Williams: It's too difficult to predict that at this stage. Let me give you an example. Ten years ago, when I was back in my lab in Liverpool, we worked on a tissue engineering approach to treating diabetic foot ulcers. We were working with a company and we had a system that was looking pretty good. But it was costing 20,000 euros to develop one product for one person, and that was just never, ever going to work.
From a health insurance point of view, the answer is, "We'll just put a new bandage on every week. You can have a band-aid.” And I'm not diminishing the impact of diabetic foot ulcers, but that was not the life-threatening issue that New Organ is trying to deal with. That’s why here in the U.S., I think we've got huge problems. It’s not simply ObamaCare or the Affordable Care Act. It's the way in which the insurance provider is now in charge. I think it’s going to be very difficult as long as their priorities are focused on short-term benefits. As far as I can see, long-term solutions are not really in the best interests of many insurers right now, and so the overall health economics in the U.S. are working against us rather than for us at the moment.

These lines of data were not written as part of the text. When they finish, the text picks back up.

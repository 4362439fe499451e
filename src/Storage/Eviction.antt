-- ===== src/Storage/Eviction.antt =====
-- src/storage.rs, `trim_thumbnail_cache`: which thumbnails go, and how many.
use mathlib.Core.List.{Permᴰ}
use mathlib.Core.List.Permᴰ
use curator_rs.Prelude.{
  ℕ, ◌+◌, ◌-◌, ◌≤◌, ◌<◌, ◌≡◌, ◌⊎◌, inl, inr, refl, sym, ap, ◌∙◌, subst, String, Bool-cases, Option,
  Option-cases, List, [], ◌∷◌, ◌++◌, leb, leb→le, ok, arith, length, All,
}
use curator_rs.Storage.Cleanup.{
  CleanupOutcome, ThumbnailUnit, count_removed, total_bytes, insert_unit, sort_units, evict,
  trim_thumbnail_cache, nothing_removed,
}

abbrev OlderThan : ThumbnailUnit → List ThumbnailUnit → Type 0
OlderThan u = All (λ v. u.modified ≤ v.modified)

abbrev Sorted : List ThumbnailUnit → Type 0
Sorted [] = Unit
Sorted (u ∷ us) = OlderThan u us × Sorted us

OlderThan-trans :
    (u v : ThumbnailUnit) (us : List ThumbnailUnit)
    → u.modified ≤ v.modified
    → OlderThan v us
    → OlderThan u us
OlderThan-trans u v [] h a = tt
OlderThan-trans u v (w ∷ us) h (a, rest) = (omega (arith, h, a), OlderThan-trans u v us h rest)

OlderThan-insert_unit :
    (u v : ThumbnailUnit) (us : List ThumbnailUnit)
    → u.modified ≤ v.modified
    → OlderThan u us
    → OlderThan u (insert_unit v us)
unfolding insert_unit
OlderThan-insert_unit u v [] h a = (h, tt)
OlderThan-insert_unit u v (w ∷ us) h (a, rest) = elim (Bool-cases (leb v.modified w.modified)) [
  | inl t ↦ rw t (h, (a, rest))
  | inr f ↦ rw f (a, OlderThan-insert_unit u v us h rest)
]

Sorted-insert_unit :
    (u : ThumbnailUnit) (us : List ThumbnailUnit) → Sorted us → Sorted (insert_unit u us)
unfolding insert_unit
Sorted-insert_unit u [] s = (tt, tt)
Sorted-insert_unit u (v ∷ us) (a, s) = elim (Bool-cases (leb u.modified v.modified)) [
  | inl t ↦ rw t (
    (leb→le u.modified v.modified t, OlderThan-trans u v us (leb→le u.modified v.modified t) a),
    (a, s),
  )
  | inr f ↦ rw f (OlderThan-insert_unit v u us (ground arith) a, Sorted-insert_unit u us s)
]

Sorted-sort_units : (us : List ThumbnailUnit) → Sorted (sort_units us)
unfolding sort_units
Sorted-sort_units [] = tt
Sorted-sort_units (u ∷ us) = Sorted-insert_unit u (sort_units us) (Sorted-sort_units us)

Perm-insert_unit : (u : ThumbnailUnit) (us : List ThumbnailUnit) → Permᴰ (insert_unit u us) (u ∷ us)
unfolding insert_unit
Perm-insert_unit u [] = Permᴰ.refl (u ∷ [])
Perm-insert_unit u (v ∷ us) = elim (Bool-cases (leb u.modified v.modified)) [
  | inl t ↦ rw t (Permᴰ.refl (u ∷ v ∷ us))
  | inr f ↦ rw f (Permᴰ.trans (Permᴰ.cons refl (Perm-insert_unit u us)) (Permᴰ.swap refl refl))
]

Perm-sort_units : (us : List ThumbnailUnit) → Permᴰ (sort_units us) us
unfolding sort_units
Perm-sort_units [] = Permᴰ.nil
Perm-sort_units (u ∷ us) =
    Permᴰ.trans (Perm-insert_unit u (sort_units us)) (Permᴰ.cons refl (Perm-sort_units us))

All-append :
    (u : ThumbnailUnit) (xs ys : List ThumbnailUnit) → OlderThan u (xs ++ ys) → OlderThan u ys
All-append u [] ys a = a
All-append u (x ∷ xs) ys (a, rest) = All-append u xs ys rest

Sorted-append :
    (gone kept : List ThumbnailUnit) → Sorted (gone ++ kept) → All (λ u. OlderThan u kept) gone
Sorted-append [] kept s = tt
Sorted-append (u ∷ gone) kept (a, s) = (All-append u gone kept a, Sorted-append gone kept s)

total_bytes-insert_unit :
    (u : ThumbnailUnit) (us : List ThumbnailUnit)
    → total_bytes (insert_unit u us) ≡ u.bytes + total_bytes us
unfolding insert_unit total_bytes
total_bytes-insert_unit u [] = refl
total_bytes-insert_unit u (v ∷ us) = ground (arith, total_bytes-insert_unit u us)

total_bytes-sort_units : (us : List ThumbnailUnit) → total_bytes (sort_units us) ≡ total_bytes us
unfolding sort_units total_bytes
total_bytes-sort_units [] = refl
total_bytes-sort_units (u ∷ us) =
    omega (arith, total_bytes-insert_unit u (sort_units us), total_bytes-sort_units us)

length-insert_unit :
    (u : ThumbnailUnit) (us : List ThumbnailUnit) → length (insert_unit u us) ≡ 1 + length us
unfolding insert_unit
length-insert_unit u [] = refl
length-insert_unit u (v ∷ us) = ground (arith, length-insert_unit u us)

length-sort_units : (us : List ThumbnailUnit) → length (sort_units us) ≡ length us
unfolding sort_units
length-sort_units [] = refl
length-sort_units (u ∷ us) =
    omega (arith, length-insert_unit u (sort_units us), length-sort_units us)

-- Fewer would not have been enough.
abbrev pub Needed : ℕ → List ThumbnailUnit → List ThumbnailUnit → Type 0
Needed maximum gone kept =
    (gone ≡ [])
    ⊎ ((before : List ThumbnailUnit) × (u : ThumbnailUnit) × (gone ≡ before ++ u ∷ [])
        × (maximum < u.bytes + total_bytes kept))

-- What an eviction of `us` that counts from `o` to `o'` leaves.
record Evicted (maximum : ℕ) (o o' : CleanupOutcome) (us kept : List ThumbnailUnit) : Type 0 where
  gone : List ThumbnailUnit
  parted : gone ++ kept ≡ us
  fits : total_bytes kept ≤ maximum
  needed : Needed maximum gone kept
  items : o'.removed_items ≡ o.removed_items + length gone
  bytes : o'.removed_bytes ≡ o.removed_bytes + total_bytes gone

Needed-cons :
    (maximum : ℕ) (u : ThumbnailUnit) (gone kept us : List ThumbnailUnit)
    → gone ++ kept ≡ us
    → maximum < u.bytes + total_bytes us
    → Needed maximum gone kept
    → Needed maximum (u ∷ gone) kept
Needed-cons maximum u gone kept us p h (inl e) = inr (
  [],
  u,
  ap (λ g. u ∷ g) e,
  subst (λ l. maximum < u.bytes + total_bytes l) (sym p ∙ ap (λ g. g ++ kept) e) h,
)
Needed-cons maximum u gone kept us p h (inr (before, v, e, l)) =
    inr (u ∷ before, v, ap (λ g. u ∷ g) e, l)

module _ (resists : String → Option String) where
  evict-ok :
      (maximum total : ℕ) (o o' : CleanupOutcome) (us kept : List ThumbnailUnit)
      → total ≡ total_bytes us
      → o.removed_bytes + total < 18446744073709551616
      → o.removed_items + length us < 18446744073709551616
      → evict resists maximum total o us ≡ (ok o', kept)
      → Evicted maximum o o' us kept
  unfolding evict total_bytes count_removed
  evict-ok maximum total o o' [] kept t b i h = record {
    gone = [];
    parted = ground arith;
    fits = ground arith;
    needed = inl refl;
    items = ground arith;
    bytes = ground arith;
  }
  evict-ok maximum total o o' (u ∷ us) kept t b i h = elim (Bool-cases (leb total maximum)) [
    | inl enough ↦ record {
      gone = [];
      parted = ground arith;
      fits = ground arith;
      needed = inl refl;
      items = ground arith;
      bytes = ground arith;
    }
    | inr over ↦ elim (Option-cases (resists u.main)) [
      | inl removed ↦
          let r =
            evict-ok maximum (total - u.bytes) (count_removed u.bytes o) o' us kept
              (omega (arith, t)) (omega (arith, t, b)) (omega (arith, i)) (ground arith) in
          record {
            gone = u ∷ r.gone;
            parted = ap (λ l. u ∷ l) r.parted;
            fits = r.fits;
            needed = Needed-cons maximum u r.gone kept us r.parted (ground arith) r.needed;
            items = omega (arith, r.items, i);
            bytes = omega (arith, r.bytes, b, t);
          }
      | inr (e, resisted) ↦ absurd (ground arith)
    ]
  ]

  -- Trimming the thumbnails to a positive limit, when no removal fails: those that go are the ones
  -- used least recently, those that stay fit the limit, one fewer gone would not have been enough,
  -- and the outcome counts what went. All sizes together, and their number, are `u64` values.
  pub trim_thumbnail_cache-ok :
      (maximum : ℕ) (units kept : List ThumbnailUnit) (o : CleanupOutcome)
      → 0 < maximum
      → total_bytes units < 18446744073709551616
      → length units < 18446744073709551616
      → trim_thumbnail_cache resists maximum units ≡ (ok o, kept)
      → (gone : List ThumbnailUnit) × Permᴰ (gone ++ kept) units
        × All (λ u. All (λ v. u.modified ≤ v.modified) kept) gone
        × (total_bytes kept ≤ maximum)
        × Needed maximum gone kept
        × (o.removed_items ≡ length gone)
        × (o.removed_bytes ≡ total_bytes gone)
  unfolding trim_thumbnail_cache total_bytes
  trim_thumbnail_cache-ok maximum units kept o positive b i h =
      elim (Bool-cases (leb (total_bytes units) maximum)) [
        | inl enough ↦
            let q : units ≡ kept = ground arith in
            (
              [],
              subst (λ l. Permᴰ l units) q (Permᴰ.refl units),
              tt,
              ground arith,
              inl refl,
              ground arith,
              ground arith,
            )
        | inr over ↦
            let r =
              evict-ok maximum (total_bytes units) nothing_removed o (sort_units units) kept
                (sym (total_bytes-sort_units units)) (omega (arith, b))
                (omega (arith, i, length-sort_units units)) (ground arith) in
            (
              r.gone,
              subst (λ l. Permᴰ l units) (sym r.parted) (Perm-sort_units units),
              Sorted-append r.gone kept (subst Sorted (sym r.parted) (Sorted-sort_units units)),
              r.fits,
              r.needed,
              omega (arith, r.items),
              omega (arith, r.bytes),
            )
      ]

In order to change that reality, we have to persuade real decision makers that “Yes, there really is a future in this.” And there are very significant early costs required in order to get to that point. Pre-clinically, for example, we’re nearly there now in the treatment of patients with acute myocardial infarction (heart attack). There are some good cell therapies, as well as some tissue engineering approaches that look as though they may work.
I can also give you a couple of examples from the medical technology area. You may remember the artificial heart, and especially the heart assist devices? They can certainly be successful, but when the hardware and the first-year costs of these treatments amount to almost $500,000, and it saves one life for a year or two, that's obviously a big health economics issue. It’s the same when you look at the treatment of peripheral vascular disease (when a patient has clotted arteries in the leg). To avoid an amputation, we can put in vascular grafts, and I work with Peter Zilla in South Africa who developed a technology 10 years ago to seed those vascular grafts with endothelial cells from the patient. This improved the performance significantly, and he published paper after paper showing the improved patency rate (i.e., freedom from obstruction). He believes that this is the first type of tissue engineering, which I think it really was, and it improved patients’ lives enormously. But it was just too expensive for any hospital to take it up. You had to take the patient in, harvest her endothelial cells, and then grow them in the graft for several weeks. It just wasn't going to happen.
Examples like these lead me to conclude that health economics presents a very significant immediate barrier to what we’re trying to do. It’s still unclear to me what a successful business model in regenerative medicine is going to look like.